By 'stuff' - do you mean beer (and returning the unused stuff) or a nice new outfit (and return the beer-stained, smoke-smelling outfit)?


----------



## rabbit (11 Aug 2007)

By " stuff" I mean things excluding foodstuffs / drink.   I was being a bit tongue in cheek - I do not think a shop should give a cash refund to people who take items ( eg clothes ) home and return them days or even weeks later ( when is the cut-off time period ? ).   People have ample opportunity to try on clothes for example in shops, and examine them, and feel them, without taking them home + then returning them days or weeks later.  If a shop does that, fine, I would not buy clothes from a shop like that.   I like to buy "new" new.


----------



## RainyDay (11 Aug 2007)

rabbit said:


> People have ample opportunity to try on clothes for example in shops, and examine them, and feel them,


Have you tried getting a double-buggy and 2 wriggly kids into a changing room?


----------



## Sue Ellen (11 Aug 2007)

I queried these very points with a manager recently and he said that they are only using this policy in their larger branches for the moment but may well introduce it to all branches in time. 

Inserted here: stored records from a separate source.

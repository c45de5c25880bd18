-- ===== src/Steering/Chunks.antt =====
-- What `steer_prefill_chunks` (puls-engine/core/steering.cpp) assigns.
use puls_rfc.Prelude.{
  ℕ, ◌+◌, ◌≤◌, ◌<◌, ◌≡◌, ◌⊎◌, inl, inr, false, none, some, List, arith, sum_by, get_elem?, All-get,
  Option-cases, ◌∙◌,
}
use puls_rfc.Double.{Double, IsOrdered}
use puls_rfc.OperatingPoint.{OperatingPoint}
use puls_rfc.Scan.{IsSelection, scan, scan-some, scan-none}
use puls_rfc.Steering.Decode.{far, dist}
use puls_rfc.Steering.Prefill.{
  Assigned, spread_test, prefill_wait_mark, depth_test, depth_mark, prefill_ideal, choose_token,
}

pub spread-IsSelection : (age_cap : ℕ) → IsSelection (spread_test age_cap) prefill_wait_mark
spread-IsSelection age_cap = record {
  irrefl = λ x. ground arith;
  trans = λ s x y h k. ground arith;
}

-- The request still has prompt tokens to assign.
abbrev pub IsOpen : Assigned → Type 0
IsOpen s = s.0.processed + s.1 < s.0.prompt

-- Past the age cap, and nothing assigned yet.
abbrev pub IsDue : ℕ → Assigned → Type 0
IsDue age_cap s = (age_cap ≤ s.0.wait) × (s.1 ≡ 0) × IsOpen s

abbrev pub depth : Assigned → ℕ
depth s = s.0.processed + s.1 + 1

abbrev pub chunk_sum : List Assigned → ℕ
chunk_sum = sum_by (λ s. s.1)

module _ {W : Type 0} ⦃d : Double W⦄ (op : OperatingPoint W) (laws : IsOrdered W) where
  depth-IsSelection : (ideal : W) → IsSelection (depth_test ideal) (depth_mark ideal)
  depth-IsSelection ideal = record {
    irrefl = λ x. ground (arith, laws.lt_irrefl (depth_mark ideal x));
    trans = λ s x y h k. ground (arith, laws.lt_trans (depth_mark ideal y) (depth_mark ideal x) s);
  }

  -- The next token goes to an open request: to the longest waiting of those that are due, or, where
  -- none is due, to one whose next depth is nearest to the ideal.
  abbrev pub IsTokenChoice : W → List Assigned → ℕ × Assigned → Type 0
  IsTokenChoice ideal rows p =
      (get_elem? rows p.0 ≡ some p.1)
      × IsOpen p.1
      × (IsDue op.age_cap p.1
            × ((j : ℕ) (y : Assigned)
                → get_elem? rows j ≡ some y
                → IsDue op.age_cap y
                → y.0.wait ≤ p.1.0.wait)
          ⊎ ((j : ℕ) (y : Assigned)
              → get_elem? rows j ≡ some y
              → (IsDue op.age_cap y → ⊥)
                × (IsOpen y → d.lt (dist ideal (depth y)) (dist ideal (depth p.1)) ≡ false)))

  module _ (left work : ℕ) (rows : List Assigned) where
    none-IsDue :
        scan (spread_test op.age_cap) prefill_wait_mark 0 none none rows ≡ none
        → (j : ℕ) (y : Assigned) → get_elem? rows j ≡ some y
        → ¬ IsDue op.age_cap y
    none-IsDue e j y at due = ground (
      arith,
      All-get (λ z. spread_test op.age_cap none z ≡ false) rows j y
          (scan-none _ _ (spread-IsSelection op.age_cap) none rows e) at,
    )

    -- The request that a token goes to is the longest waiting of those that have waited `age_cap` and
    -- have no chunk yet, or, where there is none, an open one whose depth is nearest to the ideal.
    pub choose_token-some :
        (p : ℕ × Assigned)
        → choose_token op left work rows ≡ some p
        → IsTokenChoice (prefill_ideal op left work) rows p
    unfolding choose_token
    choose_token-some p e =
        let ideal = prefill_ideal op left work in
        elim (Option-cases (scan (spread_test op.age_cap) prefill_wait_mark 0 none none rows)) [
          | inl none_e ↦
              let found = rw (none_e, choose_token) at e in
              let (at, t, best) = scan-some _ _ (depth-IsSelection ideal) far rows p found in
              (
                at,
                ground arith,
                inr (λ j y here. (
                  none-IsDue none_e j y here,
                  λ open_row. ground (
                    arith,
                    All-get (λ z. depth_test ideal (depth_mark ideal p.1) z ≡ false) rows j y best
                        here,
                  ),
                )),
              )
          | inr (q, some_e) ↦
              let same : some q ≡ some p = rw (some_e, choose_token) at e in
              let (at, t, best) =
                scan-some _ _ (spread-IsSelection op.age_cap) none rows p (some_e ∙ same) in
              (
                at,
                ground arith,
                inl (
                  ground arith,
                  λ j y here due. ground (
                    arith,
                    All-get (λ z. spread_test op.age_cap (prefill_wait_mark p.1) z ≡ false) rows j y
                        best here,
                  ),
                ),
              )
        ]

    pub choose_token-none :
        choose_token op left work rows ≡ none
        → (j : ℕ) (y : Assigned) → get_elem? rows j ≡ some y
        → IsOpen y
        → d.lt (dist (prefill_ideal op left work) (depth y)) far ≡ false
    unfolding choose_token
    choose_token-none e j y at open_row =
        let ideal = prefill_ideal op left work in
        elim (Option-cases (scan (spread_test op.age_cap) prefill_wait_mark 0 none none rows)) [
          | inl none_e ↦ ground (
            arith,
            All-get (λ z. depth_test ideal far z ≡ false) rows j y
                (scan-none _ _ (depth-IsSelection ideal) far rows (rw (none_e, choose_token) at e))
                at,
          )
          | inr (q, some_e) ↦
              let same : some q ≡ none = rw (some_e, choose_token) at e in absurd (cc)
        ]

The gift cards with the credit refund can be used for buying groceries.

Items bought in the larger branches with this policy can presently be returned to other stores (without this policy) for cash refund but only if they stock the particular items. Brands like Savida are quite often only stocked in the larger stores.


----------



## PM1234 (11 Aug 2007)

rabbit said:


> Its great to be able to get stuff for a party or whatever + return it a few days or a week later. Not fair on the shop or the customers of the shop though who do not know where it has been, its storage condititions or hygene etc.


 

I know Rabbit is kidding from further posts but my question is: 

Do people here think this actually goes on? Its dishonest to both the shop and the customers who buy what are essentially second hand goods. 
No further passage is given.